The bull himself – the notorious “CRISPR-baby” scientist – made a brief and unenlightening appearance at a subscriber-only roundtable presented by MIT Technology Review, “CRISPR Babies: Six years later.” He Jiankui hasn’t changed a bit; he remains both unrepentant and perniciously optimistic.
In the UK, Cambridge Reproduction and PET (the Progress Educational Trust) published a Code of Practice for the Generation and Use of Human Stem Cell-Based Embryo Models. The guidelines do prohibit any human embryo models from being developed into a viable organism in a womb or in the lab, but enforcement relies on “funding and opprobrium from their peers.” That is less than fully reassuring.

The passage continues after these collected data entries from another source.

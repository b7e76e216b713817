-- ===== src/Scenarios/Devices.antt =====
-- The theorems about the POSIX, macOS and BSD backends, on a concrete kernel.
use anyserial.Base.{ℕ, ◌≡◌, refl, true, false, none, some, List, [], ◌∷◌, ℤ, pos, arith}
use anyserial.Backend.Protocol.{SyncBackend}
use anyserial.Selection.{Platform}
use anyserial.Opening.{Resolver, SerialBackend, open_serial_port}
use anyserial.Opening.Closed.{RaisesOsErrors}
use anyserial.Opening.Released.{Released, LeavesDescriptors, open_serial_port-Released}
use anyserial.Errors.{Exn, is_os_error, no_attributes, Result, ok, raise}
use anyserial.Config.{SerialConfig, default_config}
use anyserial.Posix.Kernel
use anyserial.Posix.Baudrate.{Attribute, rate_of_name, digits_value}
use anyserial.Posix.Baudrate.Discovery.{named}
use anyserial.Posix.Backend.{Posix, apply_config_to_fd, open_port, new_posix, is_open}
use anyserial.Posix.Backend.Applied.{apply_config_to_fd-Keeps}
use anyserial.Posix.Backend.Descriptors.{open_port-Owns, Owns}
use anyserial.Posix.Backend.Port.{aclose_releases}
use anyserial.Stream.Port.{Task, Wake}
use anyserial.Stream.Loop.{Op, Event, World, pull, step, run}
use anyserial.Linux.Baudrate.{Termios2Attrs}
use anyserial.Linux.LowLatency.{
  enable_low_latency, restore_serial_flags, read_serial_flags, slot, set_flag, has_bit, or_bits,
  write_serial_flags, assign_slot, put_slot, flags_index,
}
use anyserial.Linux.LowLatency.Restore.{
  SameButFlags, raised_flags, restore_serial_flags-enable_low_latency,
}
use anyserial.Darwin
use anyserial.Darwin.Rejection.{darwin_refuses_first}
use anyserial.Scenarios.Machine.{
  Machine, machine, linux_machine, host, idle, open_fds, machine-TracksDescriptors, serial,
  linux_machine-KeepsSerial,
}

abbrev closed : Posix Machine
closed = new_posix idle

open_port-Owns_example :
    Owns machine open_fds
      (0 ∷ 1 ∷ 2 ∷ [])
      (open_port machine (apply_config_to_fd machine host) "/dev/ttyUSB0" default_config closed).1
open_port-Owns_example =
    open_port-Owns machine open_fds machine-TracksDescriptors (apply_config_to_fd machine host)
      (apply_config_to_fd-Keeps machine open_fds host (λ fd k. refl) (λ fd a k. refl))
      (0 ∷ 1 ∷ 2 ∷ []) "/dev/ttyUSB0" default_config closed refl

-- A backend that holds descriptor 3, and a port on it whose `aclose` waits for the lock.
abbrev busy : World (Posix Machine)
busy = record {
  port = record {
    backend = record {
      fd = pos 3;
      path = "/dev/ttyUSB0";
      config = some default_config;
      kernel = record idle { open_fds = 3 ∷ 0 ∷ 1 ∷ 2 ∷ [] };
    };
    config = default_config;
    closed = false;
    receive_guard = false;
    send_guard = false;
  };
  tasks = Task.close_turn ∷ [];
  results = [];
}

abbrev no_ioctl : ℤ → ℕ → List ℕ → Machine → Result (List ℕ) × Machine
no_ioctl fd req buf m = (ok buf, m)

abbrev mac : SyncBackend (Posix Machine)
mac = Darwin.darwin_backend machine host no_ioctl 9600

abbrev later : List Event
later = Event.call (Op.receive (pos 4)) ∷ Event.call Op.close ∷ Event.wake 0 Wake.ready ∷ []

closes_first : pull 0 busy.tasks ≡ some (Task.close_turn, [])
unfolding pull
closes_first = refl

aclose_releases_example :
    ((e : Exn)
      → open_fds (step mac busy (Event.wake 0 (Wake.threw e))).port.backend.kernel
        ≡ open_fds busy.port.backend.kernel)
    × (open_fds (run mac (step mac busy (Event.wake 0 Wake.ready)) later).port.backend.kernel
        ≡ 0 ∷ 1 ∷ 2 ∷ [])
aclose_releases_example =
    aclose_releases machine open_fds machine-TracksDescriptors mac (0 ∷ 1 ∷ 2 ∷ []) busy 0 [] later
      refl closes_first refl refl refl

abbrev lookup : Resolver
lookup = some (λ path. raise (Exn.os_error no_attributes))

lookup-RaisesOsErrors : RaisesOsErrors lookup
unfolding is_os_error
lookup-RaisesOsErrors path e p = ground arith

abbrev others : List ℕ
others = 0 ∷ 1 ∷ 2 ∷ []

abbrev instances : Platform → SerialBackend (Posix Machine)
instances p = SerialBackend.sync mac

leaves : LeavesDescriptors machine open_fds no_ioctl
leaves = record {
  gets = λ fd k. refl;
  sets = λ fd a k. refl;
  warns = λ k. refl;
  speeds = λ fd req payload k. refl;
}

open_serial_port-Released_example :
    Released machine open_fds host no_ioctl 9600 leaves others
      (open_serial_port "darwin" instances lookup "/dev/cu.usbserial" none closed)
unfolding is_open
open_serial_port-Released_example =
    open_serial_port-Released machine open_fds host no_ioctl 9600 leaves machine-TracksDescriptors
      instances others lookup "/dev/cu.usbserial" none closed refl lookup-RaisesOsErrors refl refl

-- `B9600`, `BRKINT` and a second `B9600`.
abbrev attributes : List Attribute
attributes =
    record { name = 66 ∷ 57 ∷ 54 ∷ 48 ∷ 48 ∷ []; value = some 12 }
    ∷ record { name = 66 ∷ 82 ∷ 75 ∷ []; value = some 2 }
    ∷ record { name = 66 ∷ 57 ∷ 54 ∷ 48 ∷ 48 ∷ []; value = some 13 }
    ∷ []

named_9600 : named 9600 attributes none ≡ some 13
unfolding rate_of_name digits_value
named_9600 = refl

abbrev custom : Termios2Attrs
custom = record {
  iflag = 0;
  oflag = 0;
  cflag = 7344;
  lflag = 0;
  line = 0;
  cc = 3 ∷ 28 ∷ 127 ∷ 21 ∷ 4 ∷ 0 ∷ 1 ∷ 0 ∷ 17 ∷ 19 ∷ 26 ∷ 0 ∷ 18 ∷ 15 ∷ 23 ∷ 22 ∷ 0 ∷ 0 ∷ 0 ∷ [];
  ispeed = 250000;
  ospeed = 250000;
}

enabled_flags : (enable_low_latency linux_machine (pos 3) idle).0 ≡ ok (pos 4096)
unfolding Kernel.◌>>=◌ enable_low_latency read_serial_flags slot set_flag has_bit or_bits
    write_serial_flags assign_slot put_slot
enabled_flags = refl

restored_flags :
    (restore_serial_flags linux_machine
      (pos 3)
      (pos 4096)
      (enable_low_latency linux_machine (pos 3) idle).1).0
    ≡ ok tt
unfolding Kernel.◌>>=◌ enable_low_latency restore_serial_flags read_serial_flags slot set_flag
    has_bit or_bits write_serial_flags assign_slot put_slot
restored_flags = refl

restore_serial_flags-enable_low_latency_example :
    SameButFlags linux_machine serial linux_machine-KeepsSerial idle
      (enable_low_latency linux_machine (pos 3) idle).1
    × (slot (serial (enable_low_latency linux_machine (pos 3) idle).1) flags_index
        ≡ ok (raised_flags linux_machine serial linux_machine-KeepsSerial (pos 4096)))
    × (serial
          (restore_serial_flags linux_machine
            (pos 3)
            (pos 4096)
            (enable_low_latency linux_machine (pos 3) idle).1).1
        ≡ serial idle)
restore_serial_flags-enable_low_latency_example =
    restore_serial_flags-enable_low_latency linux_machine serial linux_machine-KeepsSerial (pos 3)
      (pos 4096) idle enabled_flags restored_flags

abbrev low_latency_config : SerialConfig
low_latency_config = record default_config { low_latency = true }

darwin_refuses_first_example :
    (Darwin.open_port machine host no_ioctl 9600 "/dev/cu.usbserial" low_latency_config closed
      ≡ (raise Darwin.unsupported, closed))
    × (Darwin.configure machine host no_ioctl 9600 low_latency_config closed
        ≡ (raise Darwin.unsupported, closed))
darwin_refuses_first_example =
    darwin_refuses_first machine host no_ioctl 9600 "/dev/cu.usbserial" low_latency_config closed
      refl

Musk’s struggles with ethics
Finally, no roundup of biopolitical news would be complete without including the world’s most newsworthy human – or at least he seems to think so. Yes, Elon Musk. The New York Times reported on July 11 that Musk has volunteered his sperm to help seed a human colony on Mars, where he expects civilization to be secured “for sure” by 2054. [The Times later added that Musk has denied volunteering his sperm.]*
Here on Earth, eight former employees are suing Musk for wrongful termination after they called his public behavior “a frequent source of distraction and embarrassment.”
Musk did seek and receive permission from the FDA to implant his Neuralink device into a second human, but had to call it off because the patient had “additional medical issues.” Doubts have been expressed concerning his attitude to conventional ethics.
*This post has been updated to include Musk’s denial.